What to do: This exercise asks for every record to be output again exactly.

###

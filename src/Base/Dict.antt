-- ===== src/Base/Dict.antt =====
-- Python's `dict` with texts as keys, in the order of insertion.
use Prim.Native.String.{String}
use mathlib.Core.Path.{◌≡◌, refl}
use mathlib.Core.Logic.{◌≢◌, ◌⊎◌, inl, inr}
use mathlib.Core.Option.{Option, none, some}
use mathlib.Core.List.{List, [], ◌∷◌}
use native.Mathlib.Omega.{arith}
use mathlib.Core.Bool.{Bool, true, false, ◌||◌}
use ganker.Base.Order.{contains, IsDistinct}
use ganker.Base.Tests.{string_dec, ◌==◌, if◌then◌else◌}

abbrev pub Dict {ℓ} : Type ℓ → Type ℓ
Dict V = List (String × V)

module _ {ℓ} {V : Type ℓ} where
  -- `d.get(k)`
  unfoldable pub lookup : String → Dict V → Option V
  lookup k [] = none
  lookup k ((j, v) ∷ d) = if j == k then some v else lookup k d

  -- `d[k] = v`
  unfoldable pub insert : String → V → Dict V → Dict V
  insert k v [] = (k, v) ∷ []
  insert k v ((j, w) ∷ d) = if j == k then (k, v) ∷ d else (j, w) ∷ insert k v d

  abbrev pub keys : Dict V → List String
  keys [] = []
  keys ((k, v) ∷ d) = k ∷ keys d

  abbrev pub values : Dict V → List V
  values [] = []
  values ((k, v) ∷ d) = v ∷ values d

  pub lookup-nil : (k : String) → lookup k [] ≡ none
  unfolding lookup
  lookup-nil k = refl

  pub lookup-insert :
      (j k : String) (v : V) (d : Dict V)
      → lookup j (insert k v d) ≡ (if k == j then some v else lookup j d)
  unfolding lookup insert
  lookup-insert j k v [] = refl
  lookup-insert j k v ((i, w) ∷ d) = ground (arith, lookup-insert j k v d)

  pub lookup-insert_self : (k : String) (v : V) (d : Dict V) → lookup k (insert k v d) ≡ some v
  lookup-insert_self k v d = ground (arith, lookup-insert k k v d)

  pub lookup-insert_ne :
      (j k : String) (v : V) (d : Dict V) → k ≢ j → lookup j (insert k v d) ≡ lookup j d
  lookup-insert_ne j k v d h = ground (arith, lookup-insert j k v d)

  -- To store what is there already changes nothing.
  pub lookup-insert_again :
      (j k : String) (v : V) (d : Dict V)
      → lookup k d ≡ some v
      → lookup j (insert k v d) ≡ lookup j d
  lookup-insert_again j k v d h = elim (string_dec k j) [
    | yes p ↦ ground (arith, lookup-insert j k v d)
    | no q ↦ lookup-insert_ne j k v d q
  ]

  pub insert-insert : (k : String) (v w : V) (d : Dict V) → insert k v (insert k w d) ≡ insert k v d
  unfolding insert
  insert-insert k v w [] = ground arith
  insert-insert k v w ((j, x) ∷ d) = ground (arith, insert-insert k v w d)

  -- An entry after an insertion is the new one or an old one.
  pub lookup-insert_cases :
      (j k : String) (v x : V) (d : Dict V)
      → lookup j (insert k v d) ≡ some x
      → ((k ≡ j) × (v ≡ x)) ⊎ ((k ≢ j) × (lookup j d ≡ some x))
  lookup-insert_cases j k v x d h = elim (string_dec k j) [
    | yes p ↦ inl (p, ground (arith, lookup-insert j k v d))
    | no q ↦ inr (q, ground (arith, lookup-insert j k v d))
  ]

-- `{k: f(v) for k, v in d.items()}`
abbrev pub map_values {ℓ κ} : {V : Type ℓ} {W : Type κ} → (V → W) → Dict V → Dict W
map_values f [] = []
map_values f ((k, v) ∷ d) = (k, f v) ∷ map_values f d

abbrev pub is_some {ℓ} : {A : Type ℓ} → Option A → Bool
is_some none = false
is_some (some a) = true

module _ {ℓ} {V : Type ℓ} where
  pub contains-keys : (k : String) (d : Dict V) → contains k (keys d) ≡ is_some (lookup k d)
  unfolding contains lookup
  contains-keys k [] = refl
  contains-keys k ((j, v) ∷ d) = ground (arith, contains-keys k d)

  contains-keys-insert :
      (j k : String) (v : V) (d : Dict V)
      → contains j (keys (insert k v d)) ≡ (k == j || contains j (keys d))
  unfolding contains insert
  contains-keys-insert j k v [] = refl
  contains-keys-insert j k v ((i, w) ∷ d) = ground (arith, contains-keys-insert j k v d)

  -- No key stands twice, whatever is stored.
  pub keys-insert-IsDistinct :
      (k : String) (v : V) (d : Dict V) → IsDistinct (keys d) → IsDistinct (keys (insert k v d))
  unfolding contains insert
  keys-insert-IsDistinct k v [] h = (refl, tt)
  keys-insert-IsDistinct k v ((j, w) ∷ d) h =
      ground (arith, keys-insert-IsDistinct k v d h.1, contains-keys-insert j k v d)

###

Output for this task:
filename src/Base/Dict.antt
-- ===== src/Base/Dict.antt =====
-- Python's `dict` with texts as keys, in the order of insertion.
use Prim.Native.String.{String}
use mathlib.Core.Path.{◌≡◌, refl}
use mathlib.Core.Logic.{◌≢◌, ◌⊎◌, inl, inr}
use mathlib.Core.Option.{Option, none, some}
use mathlib.Core.List.{List, [], ◌∷◌}
use native.Mathlib.Omega.{arith}
use mathlib.Core.Bool.{Bool, true, false, ◌||◌}
use ganker.Base.Order.{contains, IsDistinct}
use ganker.Base.Tests.{string_dec, ◌==◌, if◌then◌else◌}

abbrev pub Dict {ℓ} : Type ℓ → Type ℓ
Dict V = List (String × V)

module _ {ℓ} {V : Type ℓ} where
  -- `d.get(k)`
  unfoldable pub lookup : String → Dict V → Option V
  lookup k [] = none
  lookup k ((j, v) ∷ d) = if j == k then some v else lookup k d

  -- `d[k] = v`
  unfoldable pub insert : String → V → Dict V → Dict V
  insert k v [] = (k, v) ∷ []
  insert k v ((j, w) ∷ d) = if j == k then (k, v) ∷ d else (j, w) ∷ insert k v d

  abbrev pub keys : Dict V → List String
  keys [] = []
  keys ((k, v) ∷ d) = k ∷ keys d

  abbrev pub values : Dict V → List V
  values [] = []
  values ((k, v) ∷ d) = v ∷ values d

  pub lookup-nil : (k : String) → lookup k [] ≡ none
  unfolding lookup
  lookup-nil k = refl

  pub lookup-insert :
      (j k : String) (v : V) (d : Dict V)
      → lookup j (insert k v d) ≡ (if k == j then some v else lookup j d)
  unfolding lookup insert
  lookup-insert j k v [] = refl
  lookup-insert j k v ((i, w) ∷ d) = ground (arith, lookup-insert j k v d)

  pub lookup-insert_self : (k : String) (v : V) (d : Dict V) → lookup k (insert k v d) ≡ some v
  lookup-insert_self k v d = ground (arith, lookup-insert k k v d)

  pub lookup-insert_ne :
      (j k : String) (v : V) (d : Dict V) → k ≢ j → lookup j (insert k v d) ≡ lookup j d
  lookup-insert_ne j k v d h = ground (arith, lookup-insert j k v d)

  -- To store what is there already changes nothing.
  pub lookup-insert_again :
      (j k : String) (v : V) (d : Dict V)
      → lookup k d ≡ some v
      → lookup j (insert k v d) ≡ lookup j d
  lookup-insert_again j k v d h = elim (string_dec k j) [
    | yes p ↦ ground (arith, lookup-insert j k v d)
    | no q ↦ lookup-insert_ne j k v d q
  ]

  pub insert-insert : (k : String) (v w : V) (d : Dict V) → insert k v (insert k w d) ≡ insert k v d
  unfolding insert
  insert-insert k v w [] = ground arith
  insert-insert k v w ((j, x) ∷ d) = ground (arith, insert-insert k v w d)

  -- An entry after an insertion is the new one or an old one.
  pub lookup-insert_cases :
      (j k : String) (v x : V) (d : Dict V)
      → lookup j (insert k v d) ≡ some x
      → ((k ≡ j) × (v ≡ x)) ⊎ ((k ≢ j) × (lookup j d ≡ some x))
  lookup-insert_cases j k v x d h = elim (string_dec k j) [
    | yes p ↦ inl (p, ground (arith, lookup-insert j k v d))
    | no q ↦ inr (q, ground (arith, lookup-insert j k v d))
  ]

-- `{k: f(v) for k, v in d.items()}`
abbrev pub map_values {ℓ κ} : {V : Type ℓ} {W : Type κ} → (V → W) → Dict V → Dict W
map_values f [] = []
map_values f ((k, v) ∷ d) = (k, f v) ∷ map_values f d

abbrev pub is_some {ℓ} : {A : Type ℓ} → Option A → Bool
is_some none = false
is_some (some a) = true

module _ {ℓ} {V : Type ℓ} where
  pub contains-keys : (k : String) (d : Dict V) → contains k (keys d) ≡ is_some (lookup k d)
  unfolding contains lookup
  contains-keys k [] = refl
  contains-keys k ((j, v) ∷ d) = ground (arith, contains-keys k d)

  contains-keys-insert :
      (j k : String) (v : V) (d : Dict V)
      → contains j (keys (insert k v d)) ≡ (k == j || contains j (keys d))
  unfolding contains insert
  contains-keys-insert j k v [] = refl
  contains-keys-insert j k v ((i, w) ∷ d) = ground (arith, contains-keys-insert j k v d)

  -- No key stands twice, whatever is stored.
  pub keys-insert-IsDistinct :
      (k : String) (v : V) (d : Dict V) → IsDistinct (keys d) → IsDistinct (keys (insert k v d))
  unfolding contains insert
  keys-insert-IsDistinct k v [] h = (refl, tt)
  keys-insert-IsDistinct k v ((j, w) ∷ d) h =
      ground (arith, keys-insert-IsDistinct k v d h.1, contains-keys-insert j k v d)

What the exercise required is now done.